ASSIGNMENT>
With the string "letters" as the filter, copy each matching line from the records.

DATA TO USE>
-- ===== src/Transform/Naming/Label.antt =====
-- naming.rs: every name is a DNS-1123 label.
use pangolin_gateway_api.Prelude.{
  ℕ, zero, suc, ◌+◌, ◌-◌, ◌/◌, ◌%◌, ◌^◌, ◌≤◌, ◌<◌, ◌≡◌, ◌≢◌, refl, ◌⊎◌, inl, inr, Bool, true, false,
  ◌&&◌, ◌||◌, [], ◌∷◌, ◌++◌, map, arith, leb, ltb, ◌==◌, if◌then◌else◌, Bool-cases, is_empty,
  length, take, All, All-append, All-take, All-drop_while, length-append, length-take, Text, codes,
  is_lower, is_digit, trim_end, trim_start, digit, to_radix, to_hex,
}
use pangolin_gateway_api.Transform.Naming.{
  max_dns_label, clean, collapse_from, is_dash, base_label, hash_suffix, truncated, dns_label,
}

-- A lower-case letter or a digit.
abbrev pub IsAlnum : ℕ → Type 0
IsAlnum c = (is_lower c || is_digit c) ≡ true

-- A character that a label may hold.
abbrev pub IsLabelChar : ℕ → Type 0
IsLabelChar c = (is_lower c || is_digit c || c == b'-') ≡ true

abbrev pub StartsAlnum : Text → Type 0
StartsAlnum [] = ⊥
StartsAlnum (c ∷ s) = IsAlnum c

abbrev pub EndsAlnum : Text → Type 0
EndsAlnum [] = ⊥
EndsAlnum (c ∷ []) = IsAlnum c
EndsAlnum (c ∷ d ∷ s) = EndsAlnum (d ∷ s)

-- RFC 1123: 1 to 63 lower-case letters, digits or dashes, with no dash at either end.
pub record IsDnsLabel (s : Text) : Type 0 where
  pub fits : length s ≤ 63
  pub chars : All IsLabelChar s
  pub first : StartsAlnum s
  pub last : EndsAlnum s

clean-IsLabelChar : (c : ℕ) → IsLabelChar (clean c)
unfolding clean
clean-IsLabelChar c = ground arith

map-clean : (s : Text) → All IsLabelChar (map clean s)
map-clean [] = tt
map-clean (c ∷ s) = (clean-IsLabelChar c, map-clean s)

pub collapse_from-chars :
    (prev : Bool) (s : Text) → All IsLabelChar s → All IsLabelChar (collapse_from prev s)
unfolding collapse_from
collapse_from-chars prev [] h = tt
collapse_from-chars prev (c ∷ s) (p, h) = elim (Bool-cases (c == b'-' && prev)) [
  | inl e ↦ rw e (collapse_from-chars (c == b'-') s h)
  | inr e ↦ rw e (p, collapse_from-chars (c == b'-') s h)
]

pub All-trim_end : (s : Text) → All IsLabelChar s → All IsLabelChar (trim_end is_dash s)
All-trim_end [] h = tt
All-trim_end (c ∷ s) (p, h) = elim (Bool-cases (is_empty (trim_end is_dash s) && is_dash c)) [
  | inl e ↦ rw e tt
  | inr e ↦ rw e (p, All-trim_end s h)
]

pub length-trim_end : (s : Text) → length (trim_end is_dash s) ≤ length s
length-trim_end [] = omega arith
length-trim_end (c ∷ s) = ground (arith, length-trim_end s)

not_dash : (c : ℕ) → IsLabelChar c → is_dash c ≡ false → IsAlnum c
not_dash c h e = ground arith

trim_start-StartsAlnum :
    (s : Text)
    → All IsLabelChar s
    → (trim_start is_dash s ≡ []) ⊎ StartsAlnum (trim_start is_dash s)
trim_start-StartsAlnum [] h = inl refl
trim_start-StartsAlnum (c ∷ s) (p, h) = elim (Bool-cases (is_dash c)) [
  | inl e ↦ rw e (trim_start-StartsAlnum s h)
  | inr e ↦ rw e (inr (not_dash c p e))
]

pub trim_end-StartsAlnum : (s : Text) → StartsAlnum s → StartsAlnum (trim_end is_dash s)
trim_end-StartsAlnum [] h = h
trim_end-StartsAlnum (c ∷ s) h =
    let e : (is_empty (trim_end is_dash s) && is_dash c) ≡ false = ground arith in rw e h

-- One round of the trimming loop keeps that the text is empty or ends well.
trim_round :
    (c : ℕ) (t : Text)
    → IsLabelChar c
    → (t ≡ []) ⊎ EndsAlnum t
    → ((if is_empty t && is_dash c then [] else c ∷ t) ≡ [])
      ⊎ EndsAlnum (if is_empty t && is_dash c then [] else c ∷ t)
trim_round c [] p h = elim (Bool-cases (is_dash c)) [
  | inl e ↦ rw e (inl refl)
  | inr e ↦ rw e (inr (not_dash c p e))
]
trim_round c (d ∷ t) p (inl e) = cc
trim_round c (d ∷ t) p (inr h) = inr h

pub trim_end-EndsAlnum :
    (s : Text) → All IsLabelChar s → (trim_end is_dash s ≡ []) ⊎ EndsAlnum (trim_end is_dash s)
trim_end-EndsAlnum [] h = inl refl
trim_end-EndsAlnum (c ∷ s) (p, h) = trim_round c (trim_end is_dash s) p (trim_end-EndsAlnum s h)

pub StartsAlnum-ne-nil : (s : Text) → StartsAlnum s → s ≢ []
StartsAlnum-ne-nil [] h = absurd h
StartsAlnum-ne-nil (c ∷ s) h = ground arith

pub EndsAlnum-append : (s t : Text) → EndsAlnum t → EndsAlnum (s ++ t)
EndsAlnum-append [] t h = h
EndsAlnum-append (c ∷ []) [] h = absurd h
EndsAlnum-append (c ∷ []) (d ∷ t) h = h
EndsAlnum-append (c ∷ d ∷ s) t h = EndsAlnum-append (d ∷ s) t h

pub StartsAlnum-append : (s t : Text) → StartsAlnum s → StartsAlnum (s ++ t)
StartsAlnum-append [] t h = absurd h
StartsAlnum-append (c ∷ s) t h = h

pub StartsAlnum-take : (n : ℕ) (s : Text) → 0 < n → StartsAlnum s → StartsAlnum (take n s)
StartsAlnum-take zero s p h = absurd (omega arith)
StartsAlnum-take (suc n) [] p h = h
StartsAlnum-take (suc n) (c ∷ s) p h = h

-- What `base_label` makes of a text, before its length is looked at.
pub record IsBase (s : Text) : Type 0 where
  pub chars : All IsLabelChar s
  pub first : StartsAlnum s
  pub last : EndsAlnum s

IsBase-pangolin : IsBase (codes "pangolin")
IsBase-pangolin = record { chars = ground arith; first = refl; last = refl }

default-IsBase :
    (t : Text)
    → All IsLabelChar t
    → (t ≡ []) ⊎ StartsAlnum t
    → (t ≡ []) ⊎ EndsAlnum t
    → IsBase (if is_empty t then codes "pangolin" else t)
default-IsBase [] chars _ _ = IsBase-pangolin
default-IsBase (c ∷ t) chars (inr first) (inr last) = record {
  chars = chars;
  first = first;
  last = last;
}
default-IsBase (c ∷ t) chars (inl e) _ = absurd (StartsAlnum-ne-nil (c ∷ t) (cc) e)
default-IsBase (c ∷ t) chars (inr first) (inl e) = absurd (StartsAlnum-ne-nil (c ∷ t) first e)

trimmed-first :
    (s : Text)
    → (s ≡ []) ⊎ StartsAlnum s
    → (trim_end is_dash s ≡ []) ⊎ StartsAlnum (trim_end is_dash s)
trimmed-first s (inl e) = rw e (inl refl)
trimmed-first s (inr h) = inr (trim_end-StartsAlnum s h)

trimmed-IsBase :
    (s : Text)
    → All IsLabelChar s
    → (s ≡ []) ⊎ StartsAlnum s
    → IsBase (if is_empty (trim_end is_dash s) then codes "pangolin" else trim_end is_dash s)
trimmed-IsBase s chars first =
    default-IsBase (trim_end is_dash s) (All-trim_end s chars) (trimmed-first s first)
      (trim_end-EndsAlnum s chars)

pub base_label-IsBase : (input : Text) → IsBase (base_label input)
unfolding base_label
base_label-IsBase input =
    let collapsed = collapse_from false (map clean input) in
    let chars = collapse_from-chars false (map clean input) (map-clean input) in
    trimmed-IsBase (trim_start is_dash collapsed)
      (All-drop_while IsLabelChar is_dash collapsed chars) (trim_start-StartsAlnum collapsed chars)

IsAlnum-digit : (d : ℕ) → d < 16 → IsAlnum (digit d)
IsAlnum-digit d h = ground arith

to_radix-IsAlnum :
    (fuel n : ℕ) (out : Text) → All IsAlnum out → All IsAlnum (to_radix 16 fuel n out)
unfolding to_radix
to_radix-IsAlnum zero n out h = h
to_radix-IsAlnum (suc fuel) n out h =
    let last = IsAlnum-digit (n % 16) (omega arith) in
    elim (Bool-cases (ltb n 16)) [
      | inl e ↦ rw e (last, h)
      | inr e ↦ rw e (to_radix-IsAlnum fuel (n / 16) (digit (n % 16) ∷ out) (last, h))
    ]

length-to_radix :
    (base fuel n : ℕ) (out : Text)
    → (length out ≤ length (to_radix base fuel n out))
      × (length (to_radix base fuel n out) ≤ fuel + length out)
unfolding to_radix
length-to_radix base zero n out = omega arith
length-to_radix base (suc fuel) n out =
    ground (arith, length-to_radix base fuel (n / base) (digit (n % base) ∷ out))

length-to_hex : (n : ℕ) → (0 < length (to_hex n)) × (length (to_hex n) ≤ 8)
unfolding to_hex
length-to_hex n = ground (arith, length-to_radix 16 7 (n / 16) (digit (n % 16) ∷ []))

pub to_hex-IsAlnum : (n : ℕ) → All IsAlnum (to_hex n)
unfolding to_hex
to_hex-IsAlnum n = to_radix-IsAlnum 8 n [] tt

EndsAlnum-of_All : (c : ℕ) (s : Text) → 0 < length s → All IsAlnum s → EndsAlnum (c ∷ s)
EndsAlnum-of_All c [] p h = absurd (omega arith)
EndsAlnum-of_All c (d ∷ []) p h = h.0
EndsAlnum-of_All c (d ∷ e ∷ s) p h = EndsAlnum-of_All d (e ∷ s) (omega arith) h.1

label_of_alnum : (s : Text) → All IsAlnum s → All IsLabelChar s
label_of_alnum [] h = tt
label_of_alnum (c ∷ s) (p, h) = (ground arith, label_of_alnum s h)

-- The suffix that tells truncated names apart.
pub record IsSuffix (s : Text) : Type 0 where
  pub fits : length s ≤ 9
  pub chars : All IsLabelChar s
  pub last : EndsAlnum s

pub hash_suffix-IsSuffix : (hash : Text → ℕ) (input : Text) → IsSuffix (hash_suffix hash input)
unfolding hash_suffix
hash_suffix-IsSuffix hash input =
    let n = hash input % 2 ^ 32 in
    record {
      fits = omega (arith, length-to_hex n);
      chars = (refl, label_of_alnum (to_hex n) (to_hex-IsAlnum n));
      last = EndsAlnum-of_All b'-' (to_hex n) (length-to_hex n).0 (to_hex-IsAlnum n);
    }

pub truncated-IsDnsLabel :
    (base suffix : Text) → IsBase base → IsSuffix suffix → IsDnsLabel (truncated base suffix)
unfolding truncated
truncated-IsDnsLabel base suffix b t =
    let room = max_dns_label - length suffix in
    let head = take room base in
    record {
      fits = omega (
        arith,
        length-append (trim_end is_dash head) suffix,
        length-trim_end head,
        length-take room base,
        t.fits,
      );
      chars =
          All-append IsLabelChar (trim_end is_dash head) suffix
            (All-trim_end head (All-take IsLabelChar room base b.chars)) t.chars;
      first =
          StartsAlnum-append (trim_end is_dash head) suffix (
            trim_end-StartsAlnum head (StartsAlnum-take room base (omega (arith, t.fits)) b.first));
      last = EndsAlnum-append (trim_end is_dash head) suffix t.last;
    }

-- Whatever the input and the hash function, `dns_label` returns a DNS-1123 label: 1 to 63 characters,
-- all of them lower-case letters, digits or dashes, the first and the last not a dash.
pub dns_label-IsDnsLabel : (hash : Text → ℕ) (input : Text) → IsDnsLabel (dns_label hash input)
unfolding dns_label
dns_label-IsDnsLabel hash input =
    let base = base_label input in
    let b = base_label-IsBase input in
    elim (Bool-cases (leb (length base) max_dns_label)) [
      | inl short ↦
          rw short (record { fits = ground arith; chars = b.chars; first = b.first; last = b.last })
      | inr long ↦
          rw long
            (truncated-IsDnsLabel base (hash_suffix hash input) b (hash_suffix-IsSuffix hash input))
    ]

ANSWER TO THIS TASK>
-- RFC 1123: 1 to 63 lower-case letters, digits or dashes, with no dash at either end.
-- all of them lower-case letters, digits or dashes, the first and the last not a dash.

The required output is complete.